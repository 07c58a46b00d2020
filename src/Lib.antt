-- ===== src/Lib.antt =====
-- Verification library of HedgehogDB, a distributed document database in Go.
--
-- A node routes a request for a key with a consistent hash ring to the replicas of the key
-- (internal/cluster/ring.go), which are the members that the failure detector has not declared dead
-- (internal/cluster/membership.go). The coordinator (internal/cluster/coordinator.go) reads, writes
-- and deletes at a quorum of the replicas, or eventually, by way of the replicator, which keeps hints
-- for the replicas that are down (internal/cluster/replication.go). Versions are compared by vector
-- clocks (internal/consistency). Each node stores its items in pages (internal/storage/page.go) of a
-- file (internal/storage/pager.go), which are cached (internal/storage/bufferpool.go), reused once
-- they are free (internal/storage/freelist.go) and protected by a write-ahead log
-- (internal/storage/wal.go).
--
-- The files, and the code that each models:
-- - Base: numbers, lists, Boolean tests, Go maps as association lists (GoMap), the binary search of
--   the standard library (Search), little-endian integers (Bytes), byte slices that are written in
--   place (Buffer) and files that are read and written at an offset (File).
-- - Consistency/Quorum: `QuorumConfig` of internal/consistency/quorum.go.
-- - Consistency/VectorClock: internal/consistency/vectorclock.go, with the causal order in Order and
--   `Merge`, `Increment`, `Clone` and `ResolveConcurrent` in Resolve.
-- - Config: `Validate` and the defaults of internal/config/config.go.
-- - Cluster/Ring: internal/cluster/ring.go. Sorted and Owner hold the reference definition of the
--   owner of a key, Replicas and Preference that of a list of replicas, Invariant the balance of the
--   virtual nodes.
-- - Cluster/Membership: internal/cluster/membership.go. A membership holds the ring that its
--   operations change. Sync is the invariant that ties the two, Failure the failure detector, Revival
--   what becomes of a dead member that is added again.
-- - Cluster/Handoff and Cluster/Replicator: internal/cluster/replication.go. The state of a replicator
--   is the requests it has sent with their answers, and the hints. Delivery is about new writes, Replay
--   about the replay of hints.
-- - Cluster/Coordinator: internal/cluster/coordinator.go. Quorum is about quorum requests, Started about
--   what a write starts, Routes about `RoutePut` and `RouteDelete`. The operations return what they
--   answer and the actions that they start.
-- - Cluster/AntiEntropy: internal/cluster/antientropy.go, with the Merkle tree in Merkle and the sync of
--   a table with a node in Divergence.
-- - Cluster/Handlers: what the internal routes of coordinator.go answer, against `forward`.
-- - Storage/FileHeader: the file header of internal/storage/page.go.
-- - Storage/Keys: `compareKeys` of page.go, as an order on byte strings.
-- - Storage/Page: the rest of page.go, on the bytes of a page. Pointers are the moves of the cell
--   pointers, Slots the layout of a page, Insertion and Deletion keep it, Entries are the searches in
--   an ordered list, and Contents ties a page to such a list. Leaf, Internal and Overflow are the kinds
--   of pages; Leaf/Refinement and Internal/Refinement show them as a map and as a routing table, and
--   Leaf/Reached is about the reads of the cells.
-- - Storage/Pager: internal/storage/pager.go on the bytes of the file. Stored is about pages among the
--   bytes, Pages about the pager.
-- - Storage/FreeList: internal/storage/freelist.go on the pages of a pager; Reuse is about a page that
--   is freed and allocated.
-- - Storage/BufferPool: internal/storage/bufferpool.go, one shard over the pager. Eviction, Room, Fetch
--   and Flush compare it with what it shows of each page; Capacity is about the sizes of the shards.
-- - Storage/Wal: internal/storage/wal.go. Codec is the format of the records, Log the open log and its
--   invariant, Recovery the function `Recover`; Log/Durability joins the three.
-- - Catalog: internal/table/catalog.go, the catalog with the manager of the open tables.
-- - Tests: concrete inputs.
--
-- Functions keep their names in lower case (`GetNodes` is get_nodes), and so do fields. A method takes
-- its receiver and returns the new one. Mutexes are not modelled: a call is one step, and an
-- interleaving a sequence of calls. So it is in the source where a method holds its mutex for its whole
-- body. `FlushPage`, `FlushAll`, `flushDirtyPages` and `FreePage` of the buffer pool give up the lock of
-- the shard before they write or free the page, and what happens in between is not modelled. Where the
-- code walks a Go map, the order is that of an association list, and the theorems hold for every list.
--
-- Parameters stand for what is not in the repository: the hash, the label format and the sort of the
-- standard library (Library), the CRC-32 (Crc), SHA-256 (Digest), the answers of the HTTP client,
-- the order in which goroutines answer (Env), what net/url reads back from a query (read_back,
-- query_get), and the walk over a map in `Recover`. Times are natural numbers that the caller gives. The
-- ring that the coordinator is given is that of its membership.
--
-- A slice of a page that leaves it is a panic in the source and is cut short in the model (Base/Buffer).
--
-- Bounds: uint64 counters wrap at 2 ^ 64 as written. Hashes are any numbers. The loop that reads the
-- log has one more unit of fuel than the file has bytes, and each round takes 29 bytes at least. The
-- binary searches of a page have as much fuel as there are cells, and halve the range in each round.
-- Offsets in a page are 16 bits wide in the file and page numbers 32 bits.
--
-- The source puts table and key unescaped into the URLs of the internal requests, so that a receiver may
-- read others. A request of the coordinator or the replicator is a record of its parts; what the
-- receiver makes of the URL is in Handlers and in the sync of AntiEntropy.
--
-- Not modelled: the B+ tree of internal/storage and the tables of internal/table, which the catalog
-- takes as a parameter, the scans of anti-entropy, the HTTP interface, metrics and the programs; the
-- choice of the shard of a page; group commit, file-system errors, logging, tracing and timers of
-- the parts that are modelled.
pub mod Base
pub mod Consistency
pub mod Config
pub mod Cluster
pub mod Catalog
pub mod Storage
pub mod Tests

Task: Copy every record precisely, omitting nothing.

Output for this task:
repository 07c58a46b00d2020
filename src/Lib.antt
-- ===== src/Lib.antt =====
-- Verification library of HedgehogDB, a distributed document database in Go.
--
-- A node routes a request for a key with a consistent hash ring to the replicas of the key
-- (internal/cluster/ring.go), which are the members that the failure detector has not declared dead
-- (internal/cluster/membership.go). The coordinator (internal/cluster/coordinator.go) reads, writes
-- and deletes at a quorum of the replicas, or eventually, by way of the replicator, which keeps hints
-- for the replicas that are down (internal/cluster/replication.go). Versions are compared by vector
-- clocks (internal/consistency). Each node stores its items in pages (internal/storage/page.go) of a
-- file (internal/storage/pager.go), which are cached (internal/storage/bufferpool.go), reused once
-- they are free (internal/storage/freelist.go) and protected by a write-ahead log
-- (internal/storage/wal.go).
--
-- The files, and the code that each models:
-- - Base: numbers, lists, Boolean tests, Go maps as association lists (GoMap), the binary search of
--   the standard library (Search), little-endian integers (Bytes), byte slices that are written in
--   place (Buffer) and files that are read and written at an offset (File).
-- - Consistency/Quorum: `QuorumConfig` of internal/consistency/quorum.go.
-- - Consistency/VectorClock: internal/consistency/vectorclock.go, with the causal order in Order and
--   `Merge`, `Increment`, `Clone` and `ResolveConcurrent` in Resolve.
-- - Config: `Validate` and the defaults of internal/config/config.go.
-- - Cluster/Ring: internal/cluster/ring.go. Sorted and Owner hold the reference definition of the
--   owner of a key, Replicas and Preference that of a list of replicas, Invariant the balance of the
--   virtual nodes.
-- - Cluster/Membership: internal/cluster/membership.go. A membership holds the ring that its
--   operations change. Sync is the invariant that ties the two, Failure the failure detector, Revival
--   what becomes of a dead member that is added again.
-- - Cluster/Handoff and Cluster/Replicator: internal/cluster/replication.go. The state of a replicator
--   is the requests it has sent with their answers, and the hints. Delivery is about new writes, Replay
--   about the replay of hints.
-- - Cluster/Coordinator: internal/cluster/coordinator.go. Quorum is about quorum requests, Started about
--   what a write starts, Routes about `RoutePut` and `RouteDelete`. The operations return what they
--   answer and the actions that they start.
-- - Cluster/AntiEntropy: internal/cluster/antientropy.go, with the Merkle tree in Merkle and the sync of
--   a table with a node in Divergence.
-- - Cluster/Handlers: what the internal routes of coordinator.go answer, against `forward`.
-- - Storage/FileHeader: the file header of internal/storage/page.go.
-- - Storage/Keys: `compareKeys` of page.go, as an order on byte strings.
-- - Storage/Page: the rest of page.go, on the bytes of a page. Pointers are the moves of the cell
--   pointers, Slots the layout of a page, Insertion and Deletion keep it, Entries are the searches in
--   an ordered list, and Contents ties a page to such a list. Leaf, Internal and Overflow are the kinds
--   of pages; Leaf/Refinement and Internal/Refinement show them as a map and as a routing table, and
--   Leaf/Reached is about the reads of the cells.
-- - Storage/Pager: internal/storage/pager.go on the bytes of the file. Stored is about pages among the
--   bytes, Pages about the pager.
-- - Storage/FreeList: internal/storage/freelist.go on the pages of a pager; Reuse is about a page that
--   is freed and allocated.
-- - Storage/BufferPool: internal/storage/bufferpool.go, one shard over the pager. Eviction, Room, Fetch
--   and Flush compare it with what it shows of each page; Capacity is about the sizes of the shards.
-- - Storage/Wal: internal/storage/wal.go. Codec is the format of the records, Log the open log and its
--   invariant, Recovery the function `Recover`; Log/Durability joins the three.
-- - Catalog: internal/table/catalog.go, the catalog with the manager of the open tables.
-- - Tests: concrete inputs.
--
-- Functions keep their names in lower case (`GetNodes` is get_nodes), and so do fields. A method takes
-- its receiver and returns the new one. Mutexes are not modelled: a call is one step, and an
-- interleaving a sequence of calls. So it is in the source where a method holds its mutex for its whole
-- body. `FlushPage`, `FlushAll`, `flushDirtyPages` and `FreePage` of the buffer pool give up the lock of
-- the shard before they write or free the page, and what happens in between is not modelled. Where the
-- code walks a Go map, the order is that of an association list, and the theorems hold for every list.
--
-- Parameters stand for what is not in the repository: the hash, the label format and the sort of the
-- standard library (Library), the CRC-32 (Crc), SHA-256 (Digest), the answers of the HTTP client,
-- the order in which goroutines answer (Env), what net/url reads back from a query (read_back,
-- query_get), and the walk over a map in `Recover`. Times are natural numbers that the caller gives. The
-- ring that the coordinator is given is that of its membership.
--
-- A slice of a page that leaves it is a panic in the source and is cut short in the model (Base/Buffer).
--
-- Bounds: uint64 counters wrap at 2 ^ 64 as written. Hashes are any numbers. The loop that reads the
-- log has one more unit of fuel than the file has bytes, and each round takes 29 bytes at least. The
-- binary searches of a page have as much fuel as there are cells, and halve the range in each round.
-- Offsets in a page are 16 bits wide in the file and page numbers 32 bits.
--
-- The source puts table and key unescaped into the URLs of the internal requests, so that a receiver may
-- read others. A request of the coordinator or the replicator is a record of its parts; what the
-- receiver makes of the URL is in Handlers and in the sync of AntiEntropy.
--
-- Not modelled: the B+ tree of internal/storage and the tables of internal/table, which the catalog
-- takes as a parameter, the scans of anti-entropy, the HTTP interface, metrics and the programs; the
-- choice of the shard of a page; group commit, file-system errors, logging, tracing and timers of
-- the parts that are modelled.
pub mod Base
pub mod Consistency
pub mod Config
pub mod Cluster
pub mod Catalog
pub mod Storage
pub mod Tests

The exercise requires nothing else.